(Saved entries)
BEGIN

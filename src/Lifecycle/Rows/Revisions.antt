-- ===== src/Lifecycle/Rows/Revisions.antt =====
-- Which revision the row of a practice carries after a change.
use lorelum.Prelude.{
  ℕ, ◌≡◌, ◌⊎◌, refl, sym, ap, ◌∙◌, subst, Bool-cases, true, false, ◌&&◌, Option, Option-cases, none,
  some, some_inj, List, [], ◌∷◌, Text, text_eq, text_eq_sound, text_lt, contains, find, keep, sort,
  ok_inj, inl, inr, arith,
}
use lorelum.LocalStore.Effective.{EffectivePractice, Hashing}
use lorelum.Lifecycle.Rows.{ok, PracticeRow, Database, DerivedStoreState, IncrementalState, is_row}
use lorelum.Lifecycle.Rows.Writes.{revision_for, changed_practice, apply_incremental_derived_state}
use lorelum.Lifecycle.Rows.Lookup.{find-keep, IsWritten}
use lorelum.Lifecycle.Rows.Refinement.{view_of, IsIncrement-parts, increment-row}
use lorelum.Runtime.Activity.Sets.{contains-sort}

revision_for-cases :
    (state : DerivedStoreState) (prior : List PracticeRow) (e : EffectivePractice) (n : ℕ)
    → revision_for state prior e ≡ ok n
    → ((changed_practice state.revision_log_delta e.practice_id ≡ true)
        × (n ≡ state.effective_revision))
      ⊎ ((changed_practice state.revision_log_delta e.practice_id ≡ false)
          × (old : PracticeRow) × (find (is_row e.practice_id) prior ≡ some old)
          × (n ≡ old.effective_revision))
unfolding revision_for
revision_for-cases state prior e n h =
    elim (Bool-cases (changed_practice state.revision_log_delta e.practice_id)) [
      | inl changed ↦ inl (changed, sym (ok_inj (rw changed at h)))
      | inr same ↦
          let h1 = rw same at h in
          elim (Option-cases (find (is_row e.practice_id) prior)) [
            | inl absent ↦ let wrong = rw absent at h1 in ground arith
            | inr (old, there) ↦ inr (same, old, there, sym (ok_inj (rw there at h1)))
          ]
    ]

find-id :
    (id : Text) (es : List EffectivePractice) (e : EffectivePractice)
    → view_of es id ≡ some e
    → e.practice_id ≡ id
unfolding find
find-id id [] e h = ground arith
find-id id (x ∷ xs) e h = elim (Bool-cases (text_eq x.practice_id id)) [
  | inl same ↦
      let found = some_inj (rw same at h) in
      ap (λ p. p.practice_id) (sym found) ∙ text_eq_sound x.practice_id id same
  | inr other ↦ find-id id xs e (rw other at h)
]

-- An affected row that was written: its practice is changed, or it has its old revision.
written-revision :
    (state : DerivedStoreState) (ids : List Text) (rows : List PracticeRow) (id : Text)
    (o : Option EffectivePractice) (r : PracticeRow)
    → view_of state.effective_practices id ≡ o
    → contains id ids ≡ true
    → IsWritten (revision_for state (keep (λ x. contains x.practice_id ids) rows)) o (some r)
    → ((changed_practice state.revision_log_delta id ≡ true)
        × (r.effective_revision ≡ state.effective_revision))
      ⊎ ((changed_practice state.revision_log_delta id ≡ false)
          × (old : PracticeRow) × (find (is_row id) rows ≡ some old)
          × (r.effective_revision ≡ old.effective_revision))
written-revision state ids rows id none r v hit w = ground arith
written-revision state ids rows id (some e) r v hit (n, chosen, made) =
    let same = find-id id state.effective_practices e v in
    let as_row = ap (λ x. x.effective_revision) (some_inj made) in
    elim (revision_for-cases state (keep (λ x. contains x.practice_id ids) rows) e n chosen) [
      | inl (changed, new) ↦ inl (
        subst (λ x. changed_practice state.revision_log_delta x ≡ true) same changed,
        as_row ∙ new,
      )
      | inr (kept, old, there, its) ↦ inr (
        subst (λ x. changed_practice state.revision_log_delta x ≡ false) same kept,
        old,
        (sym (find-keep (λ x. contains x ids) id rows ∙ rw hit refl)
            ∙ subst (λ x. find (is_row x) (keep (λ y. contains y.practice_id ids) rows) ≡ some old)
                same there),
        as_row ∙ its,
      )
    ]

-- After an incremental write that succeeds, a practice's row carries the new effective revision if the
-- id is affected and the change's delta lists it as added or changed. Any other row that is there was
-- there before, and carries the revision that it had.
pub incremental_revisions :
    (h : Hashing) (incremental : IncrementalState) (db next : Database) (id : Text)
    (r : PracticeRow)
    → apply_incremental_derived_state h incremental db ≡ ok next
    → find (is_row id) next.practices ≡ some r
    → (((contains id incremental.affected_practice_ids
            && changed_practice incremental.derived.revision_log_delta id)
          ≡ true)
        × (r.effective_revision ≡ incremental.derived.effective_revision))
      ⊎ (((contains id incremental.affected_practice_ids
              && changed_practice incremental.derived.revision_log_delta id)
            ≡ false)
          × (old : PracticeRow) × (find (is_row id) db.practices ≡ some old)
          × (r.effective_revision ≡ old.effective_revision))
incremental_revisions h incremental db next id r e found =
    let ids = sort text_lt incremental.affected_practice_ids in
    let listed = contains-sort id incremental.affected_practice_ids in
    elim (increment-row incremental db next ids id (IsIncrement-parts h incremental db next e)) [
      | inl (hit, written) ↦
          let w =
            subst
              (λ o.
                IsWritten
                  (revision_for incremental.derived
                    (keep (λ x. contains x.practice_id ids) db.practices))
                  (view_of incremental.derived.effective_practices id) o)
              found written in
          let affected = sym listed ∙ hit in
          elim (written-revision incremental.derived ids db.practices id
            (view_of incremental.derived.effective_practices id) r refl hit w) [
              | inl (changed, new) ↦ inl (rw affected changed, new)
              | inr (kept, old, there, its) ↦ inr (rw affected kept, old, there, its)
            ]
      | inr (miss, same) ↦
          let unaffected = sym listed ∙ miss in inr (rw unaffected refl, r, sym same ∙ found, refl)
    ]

END

[Work to complete]: Please return all lines above in which the string "Bool" is found.

[Written response]:
  ℕ, ◌≡◌, ◌⊎◌, refl, sym, ap, ◌∙◌, subst, Bool-cases, true, false, ◌&&◌, Option, Option-cases, none,
    elim (Bool-cases (changed_practice state.revision_log_delta e.practice_id)) [
find-id id (x ∷ xs) e h = elim (Bool-cases (text_eq x.practice_id id)) [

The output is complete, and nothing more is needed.